## Activity
All of the data is to be repeated verbatim.

==== Provided records

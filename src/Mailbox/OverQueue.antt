-- ===== src/Mailbox/OverQueue.antt =====
-- The queue of include/queue.h, as `raw`, `mutex` and `spinlock` run it, as the queue of a mailbox.
use lock_free.Common.{◌≡◌, refl, inl, inr, ◌⊎◌, List, [], ◌∷◌}
use lock_free.Types.{Result, success, empty, DsImpl}
use lock_free.Command.{returns, mono}
use lock_free.NodeArena.{NodeArena}
use lock_free.Queue.Ops.{Queue, push_imp_default, pop_imp_default, empty_imp}
use lock_free.Queue.Contents.{Holds}
use lock_free.Queue.Refine.{
  Dequeued, push_imp_default-Enqueued, pop_imp_default-Dequeued, empty_imp-Holds,
}
use lock_free.Mailbox.{Fifo}

module _ {V : Type 0} (arena : NodeArena V) (imp : DsImpl) where
  open arena use {State}

  pub Dequeued-cases :
      (v : V) (vs : List V) (r : Result × V) (q : Queue State)
      → Dequeued arena v vs r q
      → ((vs ≡ []) × (r ≡ (empty, v)) × Holds arena q vs)
        ⊎ ((x : V) × (ws : List V) × (vs ≡ x ∷ ws) × (r ≡ (success, x)) × Holds arena q ws)
  Dequeued-cases v [] r q (e, h) = inl (refl, e, h)
  Dequeued-cases v (x ∷ ws) r q (e, h) = inr (x, ws, refl, e, h)

  abbrev pub queue_fifo : Fifo V
  queue_fifo = record {
    State = Queue State;
    push = push_imp_default arena imp;
    pop = pop_imp_default arena imp;
    is_empty = empty_imp arena imp;
    Holds = Holds arena;
    Ready = λ q. arena.Ready q.nodes;
    push_law = λ v q vs h ready. push_imp_default-Enqueued arena imp q vs v h ready;
    pop_law = λ v q vs h.
        mono (pop_imp_default-Dequeued arena imp q vs v h)
          (λ r q' out. returns (Dequeued-cases v vs r q' out));
    is_empty_law = λ q vs h. empty_imp-Holds arena imp q vs h;
  }
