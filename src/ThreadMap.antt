-- ===== src/ThreadMap.antt =====
-- `thread_map` of include/core/thread_map.h. `_map` is an association list from thread identifiers
-- to numbers, in which a key stands at most once; `size_bits` is the width of `data_size_t`. Each
-- call holds `_mtx` from its start to its end, so that calls do not overlap.
pub mod Laws
use lock_free.Common.{
  ℕ, ◌+◌, ◌%◌, ◌^◌, Bool, true, false, Option, none, some, List, [], ◌∷◌, ◌==◌, if◌then◌else◌,
}

pub record ThreadMap : Type 0 where
  pub map : List (ℕ × ℕ)
  pub counter : ℕ

abbrev pub lookup : ℕ → List (ℕ × ℕ) → Option ℕ
lookup tid [] = none
lookup tid ((t, id) ∷ xs) = if t == tid then some id else lookup tid xs

abbrev pub erase : ℕ → List (ℕ × ℕ) → List (ℕ × ℕ)
erase tid [] = []
erase tid ((t, id) ∷ xs) = let rest = erase tid xs in if t == tid then rest else (t, id) ∷ rest

unfoldable pub create : (base : ℕ) → ThreadMap
create base = record { map = []; counter = base }

module _ (size_bits : ℕ) where
  unfoldable pub add : (tid : ℕ) → ThreadMap → ℕ × ThreadMap
  add tid m = elim (lookup tid m.map) [
    | some id ↦ (id, m)
    | none ↦
        let counter = (m.counter + 1) % 2 ^ size_bits in
        (counter, record { map = (tid, counter) ∷ m.map; counter = counter })
  ]

unfoldable pub del : (tid : ℕ) → ThreadMap → Bool × ThreadMap
del tid m = elim (lookup tid m.map) [
  | none ↦ (false, m)
  | some id ↦ (true, record m { map = erase tid m.map })
]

========

## Solution below
filename src/Mailbox/OverQueue.antt
-- ===== src/Mailbox/OverQueue.antt =====
-- The queue of include/queue.h, as `raw`, `mutex` and `spinlock` run it, as the queue of a mailbox.
use lock_free.Common.{◌≡◌, refl, inl, inr, ◌⊎◌, List, [], ◌∷◌}
use lock_free.Types.{Result, success, empty, DsImpl}
use lock_free.Command.{returns, mono}
use lock_free.NodeArena.{NodeArena}
use lock_free.Queue.Ops.{Queue, push_imp_default, pop_imp_default, empty_imp}
use lock_free.Queue.Contents.{Holds}
use lock_free.Queue.Refine.{
  Dequeued, push_imp_default-Enqueued, pop_imp_default-Dequeued, empty_imp-Holds,
}
use lock_free.Mailbox.{Fifo}

module _ {V : Type 0} (arena : NodeArena V) (imp : DsImpl) where
  open arena use {State}

  pub Dequeued-cases :
      (v : V) (vs : List V) (r : Result × V) (q : Queue State)
      → Dequeued arena v vs r q
      → ((vs ≡ []) × (r ≡ (empty, v)) × Holds arena q vs)
        ⊎ ((x : V) × (ws : List V) × (vs ≡ x ∷ ws) × (r ≡ (success, x)) × Holds arena q ws)
  Dequeued-cases v [] r q (e, h) = inl (refl, e, h)
  Dequeued-cases v (x ∷ ws) r q (e, h) = inr (x, ws, refl, e, h)

  abbrev pub queue_fifo : Fifo V
  queue_fifo = record {
    State = Queue State;
    push = push_imp_default arena imp;
    pop = pop_imp_default arena imp;
    is_empty = empty_imp arena imp;
    Holds = Holds arena;
    Ready = λ q. arena.Ready q.nodes;
    push_law = λ v q vs h ready. push_imp_default-Enqueued arena imp q vs v h ready;
    pop_law = λ v q vs h.
        mono (pop_imp_default-Dequeued arena imp q vs v h)
          (λ r q' out. returns (Dequeued-cases v vs r q' out));
    is_empty_law = λ q vs h. empty_imp-Holds arena imp q vs h;
  }
filename src/ThreadMap.antt
-- ===== src/ThreadMap.antt =====
-- `thread_map` of include/core/thread_map.h. `_map` is an association list from thread identifiers
-- to numbers, in which a key stands at most once; `size_bits` is the width of `data_size_t`. Each
-- call holds `_mtx` from its start to its end, so that calls do not overlap.
pub mod Laws
use lock_free.Common.{
  ℕ, ◌+◌, ◌%◌, ◌^◌, Bool, true, false, Option, none, some, List, [], ◌∷◌, ◌==◌, if◌then◌else◌,
}

pub record ThreadMap : Type 0 where
  pub map : List (ℕ × ℕ)
  pub counter : ℕ

abbrev pub lookup : ℕ → List (ℕ × ℕ) → Option ℕ
lookup tid [] = none
lookup tid ((t, id) ∷ xs) = if t == tid then some id else lookup tid xs

abbrev pub erase : ℕ → List (ℕ × ℕ) → List (ℕ × ℕ)
erase tid [] = []
erase tid ((t, id) ∷ xs) = let rest = erase tid xs in if t == tid then rest else (t, id) ∷ rest

unfoldable pub create : (base : ℕ) → ThreadMap
create base = record { map = []; counter = base }

module _ (size_bits : ℕ) where
  unfoldable pub add : (tid : ℕ) → ThreadMap → ℕ × ThreadMap
  add tid m = elim (lookup tid m.map) [
    | some id ↦ (id, m)
    | none ↦
        let counter = (m.counter + 1) % 2 ^ size_bits in
        (counter, record { map = (tid, counter) ∷ m.map; counter = counter })
  ]

unfoldable pub del : (tid : ℕ) → ThreadMap → Bool × ThreadMap
del tid m = elim (lookup tid m.map) [
  | none ↦ (false, m)
  | some id ↦ (true, record m { map = erase tid m.map })
]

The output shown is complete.